Arrival in Kansas City
Every year, the process improves. Our routines are updated, our habits are tuned. Our itineraries become more focused, our daily efforts more considered. These adjustments to our annual father-and-son ballpark odysseys give us better experiences, easier days, and more time to rest during three whirlwind weeks on the road.
Our 2025 Western Midwest Baseball Road Trip began with a process change. Dad lives an hour from Portland; I live in the Bay Area in California. On our first big ballpark road trip in the Carolinas in 2021, we tried to meet in Charlotte via different flights; mine arrived on time, his was delayed by hours. The next year was the Northwest Baseball Road Trip, and he picked me up in Portland in his own car for that 16-ballpark journey. In 2023 (Mid-Atlantic) and 2024 (Eastern Midwest), Dad flew down to spend the night at my house before we departed together to begin our travels. This at least ensured that we would arrive at our destination at the same time, but I didn’t love making Dad take an extra solo flight to do it.
This time — for our grand tour of the Western Midwest to see 20 ballparks in 21 days — I flew up to Portland, where Dad and I had dinner with his wife, plus my son and his girlfriend, before the two of us bunked down in a hotel near PDX — the first of 18 hotel rooms we would share over the next three weeks. This alteration not only gave us a nice family dinner but made our mid-morning flight to Kansas City the next day a simple logistical prospect.
We arrived at the airport wearing coats, not just because of the wet Kansas City forecast, but because of another lesson learned from previous trips: On our cross-country flight to Washington, D.C. in 2023, we both wore polo shirts and shorts — it was hot where we were headed, after all! — and caught colds in the chilly airplane cabin that made the first week of our ballpark tour something of a struggle.
We arrived in Kansas City and set off in our rental car with barbecue on our mind. We rarely eat dinner outside of a ballpark on these trips, so we made the most of it at Q39, one of the top-rated barbecue spots in a city famous for smoked meats.
The restaurant was founded by the late Rob Magee, a Culinary Institute of America graduate who moved to Kansas City in 2000 to become Executive Chef of Hilton Hotels. On the side, Magee formed a barbecue competition team called the Munchin’ Hogs — an apt description of our imminent itinerary — which won regional and national championships. In 2014, he opened the first of his two barbecue palaces in Kansas City. We had come to the original on 39th Street in Midtown, the inspiration for the restaurant’s name.
It’s clear Q39 is a local favorite — new arrivals were told there would be a one-hour wait, and nobody seemed to be walking away. We had timed our reservations well and were soon within the bustle, a packed bar to one side and an open scratch kitchen on the other.
My first-ever Kansas City barbecue experience demanded that I sample a variety of the genre’s biggest hits. I ordered the Judge’s Plate — a nod to Magee’s competition history — with two meaty ribs, four slices of beef brisket, and generous hunks of pulled pork.
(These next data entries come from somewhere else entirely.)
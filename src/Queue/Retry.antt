-- ===== src/Queue/Retry.antt =====
-- Running a finished job once more: `RetryContext` of internal/bitci/controller.go.
pub mod Effects
pub mod Attempts
use bitci.Prelude.{
  ℕ, zero, suc, ◌+◌, Bool, true, false, not, ◌&&◌, ◌||◌, Option, none, some, List, [], ◌∷◌, ◌++◌,
  ◌==◌, if◌then◌else◌, ltb, nat_eq, list_eq,
}
use bitci.Prelude.Text.{Text}
use bitci.Prelude.Int.{ℤ, pos, ltℤ}
use bitci.Prelude.Strings.{is_empty}
use bitci.Prelude.Dict.{Dict, lookup}
use bitci.Prelude.Result.{Result, ok, err, ◌>>=◌}
use bitci.Config.{Config, Task, ConfigError}
use bitci.Config.Order.{ordered}
use bitci.Sha.{is_checkout_sha}
use bitci.Queue.{
  State, Job, Store, Git, Host, QueueError, location_unknown, no_rows, config_error, not_finished,
  history_missing, retry_pending, retries_exhausted, directory_missing, World,
}
use bitci.Queue.Table.{select, find, is_active, has_id, in_batch}
use bitci.Queue.JobConfig.{snapshot_config}
use bitci.Queue.Submit.{RetryInfo, submit}

-- `COALESCE(retry_root, id)`.
abbrev pub root_of_row : Job → ℕ
root_of_row job = elim job.retry_root [ none ↦ job.id | some r ↦ r ]

-- The last row of a task in the batch: later rows overwrite the map's entry.
unfoldable pub find_last : (Job → Bool) → List Job → Option Job
find_last p [] = none
find_last p (j ∷ js) = elim (find_last p js) [
  | none ↦ if p j then some j else none
  | some k ↦ some k
]

-- `ORDER BY attempt DESC, id DESC LIMIT 1`.
abbrev pub later_attempt : Job → Job → Bool
later_attempt a b = ltb b.attempt a.attempt || (a.attempt == b.attempt && ltb b.id a.id)

unfoldable pub latest : List Job → Option Job
latest [] = none
latest (j ∷ js) = elim (latest js) [
  | none ↦ some j
  | some k ↦ if later_attempt k j then some k else some j
]

abbrev pub max_retries_of : Config → Text → ℤ
max_retries_of config name = elim (lookup name config.tasks) [
  | none ↦ pos 0
  | some t ↦ t.max_retries
]

-- The cap counts reruns; a cap of 0 is none.
unfoldable pub next_attempt : Config → Text → Job → Job → Result QueueError RetryInfo
next_attempt config name item last =
    if is_active last.state
    then err retry_pending
    else if ltℤ (pos 0) (max_retries_of config name)
        && ltℤ (max_retries_of config name) (pos last.attempt)
    then err retries_exhausted
    else ok (record {
      attempt = suc last.attempt;
      retry_of = last.id;
      retry_root = root_of_row item;
      prior_exit_code = last.exit_code;
    })

unfoldable pub retry_task : Config → List Job → Text → Text → Result QueueError RetryInfo
retry_task config jobs batch name =
    elim (find_last (λ job. in_batch batch job && job.task == name) jobs) [
      | none ↦ err history_missing
      | some item ↦ elim (latest (select (λ job. root_of_row job == root_of_row item) jobs)) [
        | none ↦ err no_rows
        | some last ↦ next_attempt config name item last
      ]
    ]

unfoldable pub retry_tasks :
    Config → List Job → Text → List Text → Result QueueError (Dict Text RetryInfo)
retry_tasks config jobs batch [] = ok []
retry_tasks config jobs batch (name ∷ names) = do
  info ← retry_task config jobs batch name
  rest ← retry_tasks config jobs batch names
  ok ((name, info) ∷ rest)

-- The checkout to run in; `exists` answers `recordedDirectoryExists`.
unfoldable pub retry_location :
    Host → (Text → Text → Text → Bool) → Job → Result QueueError (Text × Text)
retry_location host exists job =
    if is_checkout_sha job.ref && is_empty job.checkout_root
    then elim host.location [
      | none ↦ err location_unknown
      | some (root, relative) ↦
          if exists root job.ref relative then ok (root, relative) else err directory_missing
    ]
    else ok (job.checkout_root, job.config_relative)

abbrev pub wrap_config {ℓ} : {A : Type ℓ} → Result ConfigError A → Result QueueError A
wrap_config (ok a) = ok a
wrap_config (err e) = err (config_error e)

abbrev pub submitted_of : Job → Text
submitted_of job = if is_empty job.submitted_ref then job.ref else job.submitted_ref

-- What a retry submits: the configuration, the checkout, and each task's history.
unfoldable pub plan_retry :
    Host
    → (Text → Text → Text → Bool)
    → Config
    → List Job
    → Job
    → Result QueueError (Config × (Text × Text) × Dict Text RetryInfo)
plan_retry host exists own jobs job = if is_active job.state then err not_finished else do
  config ← snapshot_config own job.config_json
  location ← retry_location host exists job
  names ← wrap_config (ordered config (job.task ∷ []))
  retries ← retry_tasks config jobs job.batch names
  ok (config, location, retries)

module _ {Repo : Type 0} (git : Git Repo) (host : Host) (exists : Text → Text → Text → Bool)
    (own : Config) where
  unfoldable pub retry_planned :
      World Repo
      → Job
      → Option Text
      → Result QueueError (Config × (Text × Text) × Dict Text RetryInfo)
      → World Repo × Result QueueError (List Job)
  retry_planned w job batch (err e) = (w, err e)
  retry_planned w job batch (ok (config, (root, relative), retries)) =
      submit git host w config (job.task ∷ []) job.ref (submitted_of job) root relative retries
        batch

  unfoldable pub retry_found :
      World Repo → Option Text → Option Job → World Repo × Result QueueError (List Job)
  retry_found w batch none = (w, err no_rows)
  retry_found w batch (some job) =
      retry_planned w job batch (plan_retry host exists own w.store.jobs job)

  unfoldable pub retry_context :
      World Repo → ℕ → Option Text → World Repo × Result QueueError (List Job)
  retry_context w id batch = retry_found w batch (find (has_id id) w.store.jobs)
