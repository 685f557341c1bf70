-- ===== src/Queue/Retry/Effects.antt =====
-- `RetryContext` of internal/bitci/controller.go as changes of the tables.
use bitci.Prelude.{Bool, ℕ, Option, none, some, [], ◌∷◌}
use bitci.Prelude.Text.{Text}
use bitci.Prelude.Dict.{Dict}
use bitci.Prelude.Result.{Result, ok, err}
use bitci.Config.{Config}
use bitci.Queue.{Job, Git, Host, QueueError, World}
use bitci.Queue.Table.{find, has_id}
use bitci.Queue.Edits.{Edits, here}
use bitci.Queue.Submit.{RetryInfo}
use bitci.Queue.Submit.Effects.{submit-Edits}
use bitci.Queue.Retry.{submitted_of, retry_planned, retry_found, retry_context}

module _ {Repo : Type 0} (git : Git Repo) (host : Host) (exists : Text → Text → Text → Bool)
    (own : Config) where
  retry_planned-Edits :
      (w : World Repo) (job : Job) (batch : Option Text)
      (r : Result QueueError (Config × (Text × Text) × Dict Text RetryInfo))
      → Edits own w.store (retry_planned git host exists own w job batch r).0.store
  unfolding retry_planned
  retry_planned-Edits w job batch (err e) = here
  retry_planned-Edits w job batch (ok (config, (root, relative), retries)) =
      submit-Edits git host w config (job.task ∷ []) job.ref (submitted_of job) root relative
        retries batch own

  retry_found-Edits :
      (w : World Repo) (batch : Option Text) (o : Option Job)
      → Edits own w.store (retry_found git host exists own w batch o).0.store
  unfolding retry_found
  retry_found-Edits w batch none = here
  retry_found-Edits w batch (some job) = retry_planned-Edits w job batch _

  pub retry-Edits :
      (w : World Repo) (id : ℕ) (batch : Option Text)
      → Edits own w.store (retry_context git host exists own w id batch).0.store
  unfolding retry_context
  retry-Edits w id batch = retry_found-Edits w batch (find (has_id id) w.store.jobs)
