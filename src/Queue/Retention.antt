-- ===== src/Queue/Retention.antt =====
-- Which finished logs are kept: `pruneLogs` of internal/bitci/controller.go. The column
-- finished_at is text in Go's RFC3339Nano layout and SQL orders it as text, so the model writes
-- out the part of the text behind the seconds, where the layout drops trailing zeros.
pub mod Effects
use bitci.Prelude.{
  ℕ, zero, suc, ◌+◌, ◌/◌, ◌%◌, Bool, true, false, not, ◌&&◌, ◌||◌, Option, none, some, List, [],
  ◌∷◌, ◌++◌, ◌==◌, if◌then◌else◌, ltb, nat_eq, list_eq,
}
use bitci.Prelude.Text.{Text}
use bitci.Prelude.Int.{ℤ, pos, negsuc}
use bitci.Prelude.Strings.{is_empty}
use bitci.Config.{Config}
use bitci.Config.Order.{text_leb}
use bitci.Queue.{State, Job, Store, QueueError, log_removal_failed}
use bitci.Queue.Table.{select, update, is_active, has_id}

-- The last digits of a number below 10 ^ places, most significant first.
unfoldable pub digits_of : (places n : ℕ) → Text → Text
digits_of zero n rest = rest
digits_of (suc k) n rest = digits_of k (n / 10) ((b'0' + n % 10) ∷ rest)

unfoldable pub trim_zeros : Text → Text
trim_zeros [] = []
trim_zeros (d ∷ ds) =
    let rest = trim_zeros ds in if is_empty rest && d == b'0' then [] else d ∷ rest

-- What stands behind the seconds: `Z`, or a point, digits and `Z`.
unfoldable pub fraction_text : ℕ → Text
unfolding digits_of trim_zeros
fraction_text time =
    let digits = trim_zeros (digits_of 9 (time % 1000000000) []) in
    if is_empty digits then b'Z' ∷ [] else b'.' ∷ digits ++ b'Z' ∷ []

-- Whether the first time's text is greater. The text in front of the fraction has a fixed width
-- and orders as the whole seconds do.
unfoldable pub text_after : ℕ → ℕ → Bool
unfolding fraction_text
text_after a b =
    if a / 1000000000 == b / 1000000000
    then not (text_leb (fraction_text a) (fraction_text b))
    else ltb (b / 1000000000) (a / 1000000000)

-- Null is less than every text.
unfoldable pub finished_after : Option ℕ → Option ℕ → Bool
unfolding text_after
finished_after none b = false
finished_after (some a) none = true
finished_after (some a) (some b) = text_after a b

-- `ORDER BY finished_at DESC, id DESC`.
unfoldable pub precedes : Job → Job → Bool
unfolding finished_after
precedes a b =
    finished_after a.finished_at b.finished_at
    || (not (finished_after b.finished_at a.finished_at) && ltb b.id a.id)

unfoldable pub insert_job : Job → List Job → List Job
insert_job j [] = j ∷ []
insert_job j (k ∷ ks) = if precedes j k then j ∷ k ∷ ks else k ∷ insert_job j ks

unfoldable pub newest_first : List Job → List Job
newest_first [] = []
newest_first (j ∷ js) = insert_job j (newest_first js)

-- `OFFSET`; a negative offset counts as zero.
unfoldable pub skip_rows : ℕ → List Job → List Job
skip_rows zero js = js
skip_rows (suc n) [] = []
skip_rows (suc n) (j ∷ js) = skip_rows n js

abbrev pub offset_of : ℤ → ℕ
offset_of (pos n) = n
offset_of (negsuc n) = 0

unfoldable pub expired_logs : ℤ → List Job → List Job
expired_logs retention jobs =
    skip_rows (offset_of retention)
      (newest_first (select (λ job. not (is_active job.state) && not (is_empty job.log_path)) jobs))

-- `remove` says whether the file is gone after `os.Remove`. The first failure ends the loop.
unfoldable pub remove_logs : (Text → Bool) → List Job → Store → Store × List QueueError
remove_logs remove [] store = (store, [])
remove_logs remove (j ∷ js) store =
    let rest = remove_logs remove js (record store {
      jobs = update (has_id j.id) (λ row. record row { log_path = [] }) store.jobs;
    }) in
    if remove j.log_path then rest else (store, log_removal_failed ∷ [])

unfoldable pub prune_logs : (Text → Bool) → Config → Store → Store × List QueueError
prune_logs remove own store = elim own.log_retention [
  | pos zero ↦ (store, [])
  | other ↦ remove_logs remove (expired_logs other store.jobs) store
]
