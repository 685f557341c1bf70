-- ===== src/Queue/Finish.antt =====
-- The end of a job: `finish` and `CancelContext` of internal/bitci/controller.go. Errors that the
-- program joins are a list; those of the log file and the object cache, which change no table, are
-- left out.
pub mod Effects
use bitci.Prelude.{
  ℕ, zero, suc, Bool, true, false, not, ◌&&◌, ◌||◌, Option, none, some, List, [], ◌∷◌, ◌++◌, ◌==◌,
  if◌then◌else◌, nat_eq, list_eq,
}
use bitci.Prelude.Text.{Text}
use bitci.Prelude.Int.{ℤ, pos, int_eq}
use bitci.Prelude.Result.{Result, ok, err}
use bitci.Config.{Config}
use bitci.Queue.{
  State, queued, running, passed, failed, cancelled, Job, Lease, Store, Git, Host, QueueError,
  no_rows, not_finishable, World, seconds_between,
}
use bitci.Queue.Table.{select, count, find, update, is_queued, is_active, has_id}
use bitci.Queue.BatchRefs.{release_batch_ref}
use bitci.Queue.Retention.{prune_logs}

-- `CASE WHEN started_at IS NULL THEN 0 ELSE MAX(0, …) END`.
abbrev pub duration_of : Option ℕ → ℕ → ℕ
duration_of none now = 0
duration_of (some start) now = seconds_between start now

abbrev pub state_of_code : ℤ → State
state_of_code code = if code == pos 0 then passed else failed

unfoldable pub finish_row : ℕ → ℤ → Text → Bool → Job → Job
finish_row now code log_path cleanup_pending row = record row {
  state = state_of_code code;
  finished_at = some now;
  exit_code = some code;
  log_path = log_path;
  cleanup_pending = cleanup_pending;
  duration_seconds = duration_of row.started_at now;
  terminal_result = some (state_of_code code);
  worker_pid = none;
}

unfoldable pub cancel_row : ℕ → Job → Job
cancel_row now row = record row {
  state = cancelled;
  finished_at = some now;
  queue_wait_seconds = seconds_between row.created_at now;
  duration_seconds = 0;
  terminal_result = some cancelled;
}

-- `DELETE FROM leases WHERE job_id = ?`.
unfoldable pub drop_leases : ℕ → List Lease → List Lease
drop_leases id leases = select (λ l. not (l.job_id == id)) leases

abbrev pub errors_of : Result QueueError (Unit {0}) → List QueueError
errors_of (ok u) = []
errors_of (err e) = e ∷ []

abbrev pub code_or_zero : Option ℤ → ℤ
code_or_zero none = pos 0
code_or_zero (some code) = code

abbrev pub is_failed : State → Bool
is_failed failed = true
is_failed _ = false

abbrev pub is_null : Option ℕ → Bool
is_null none = true
is_null (some n) = false

-- A job that recovery has failed in the meantime may be finished once more.
unfoldable pub already_recovered : Option Job → List QueueError
already_recovered none = no_rows ∷ []
already_recovered (some row) =
    if is_failed row.state && code_or_zero row.exit_code == pos 125 && is_null row.worker_pid
    then []
    else not_finishable ∷ []

-- The rows that an update by id and state reaches.
abbrev pub matching : ℕ → (State → Bool) → Job → Bool
matching id states row = has_id id row && states row.state

module _ {Repo : Type 0} (git : Git Repo) (host : Host) where
  unfoldable pub finish :
      (Text → Bool) → Config → World Repo → Job → ℤ → Bool → World Repo × List QueueError
  finish remove own w job code cleanup_pending =
      if count (matching job.id is_active) w.store.jobs == 0
      then (w, already_recovered (find (has_id job.id) w.store.jobs))
      else let finished = record (w.store) {
        jobs =
            update (matching job.id is_active)
              (finish_row host.now code job.log_path cleanup_pending) w.store.jobs;
      } in
        let (pruned, log_errors) = prune_logs remove own finished in
        let free = record pruned { leases = drop_leases job.id pruned.leases } in
        let (next, released) =
          release_batch_ref git host (record w { store = free }) job.batch job.checkout_root in
        (next, log_errors ++ errors_of released)

  -- `true` says that the row was cancelled, whatever became of the batch's ref.
  unfoldable pub cancel_known : World Repo → ℕ → Option Job → World Repo × Bool × List QueueError
  cancel_known w id none = (w, false, [])
  cancel_known w id (some job) =
      let store = record (w.store) {
        jobs = update (matching id is_queued) (cancel_row host.now) w.store.jobs;
      } in
      let (next, released) =
        release_batch_ref git host (record w { store = store }) job.batch job.checkout_root in
      if count (matching id is_queued) w.store.jobs == 1
      then (next, true, errors_of released)
      else (record w { store = store }, false, [])

  unfoldable pub cancel_context : World Repo → ℕ → World Repo × Bool × List QueueError
  cancel_context w id = cancel_known w id (find (has_id id) w.store.jobs)
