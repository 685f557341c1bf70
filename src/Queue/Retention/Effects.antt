-- ===== src/Queue/Retention/Effects.antt =====
-- `pruneLogs` of internal/bitci/controller.go changes nothing of the tables but log paths.
use bitci.Prelude.{zero, suc, Bool, List, [], ◌∷◌, refl, Bool-cases, inl, inr}
use bitci.Prelude.Text.{Text}
use bitci.Prelude.Int.{ℤ, pos, negsuc}
use bitci.Config.{Config}
use bitci.Queue.{Job, Store, QueueError}
use bitci.Queue.Table.{update, has_id}
use bitci.Queue.Rows.{Revises, stays}
use bitci.Queue.Edits.{Edits, here, Edits-trans, update-Edits}
use bitci.Queue.Retention.{remove_logs, expired_logs, prune_logs}

module _ (own : Config) (remove : Text → Bool) where
  remove_logs-Edits : (js : List Job) (s : Store) → Edits own s (remove_logs remove js s).0
  unfolding remove_logs
  remove_logs-Edits [] s = here
  remove_logs-Edits (j ∷ js) s = elim (Bool-cases (remove j.log_path)) [
    | inl gone ↦ rw gone (
        Edits-trans (update-Edits own s after (has_id j.id) clear (λ row h. kept row) refl refl)
          (remove_logs-Edits js after))
    | inr there ↦ rw there here
  ]
    where
      clear : Job → Job
      clear row = record row { log_path = [] }

      after : Store
      after = record s { jobs = update (has_id j.id) clear s.jobs }

      kept : (row : Job) → Revises row (clear row)
      kept row = record {
        id = refl;
        batch = refl;
        task = refl;
        config_json = refl;
        move = stays refl;
      }

  pub prune_logs-Edits : (s : Store) → Edits own s (prune_logs remove own s).0
  unfolding prune_logs
  prune_logs-Edits s = go own.log_retention
    where
      go :
          (k : ℤ)
          → Edits own s
              (elim k as (λ x. Store × List QueueError) [
                | pos zero ↦ (s, [])
                | other ↦ remove_logs remove (expired_logs other s.jobs) s
              ]).0
      go (pos zero) = here
      go (pos (suc n)) = remove_logs-Edits _ s
      go (negsuc n) = remove_logs-Edits _ s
I slathered all of it in Q39’s sweet and smoky barbecue sauce. I paired this hearty trio with sides of Mexican street corn and apple slaw.
We smiled our way through dinner, thrilled with our perfect start and excited for an eventful three weeks on the road. Dad was so happy that he sought out the manager to praise him and his hard-working crew.
Hearts and bellies full, we drove to our hotel in Kansas City, Kansas, close to the site of our first game the next day with the storied Kansas City Monarchs. And then it would be on, 20 ballparks in 21 days.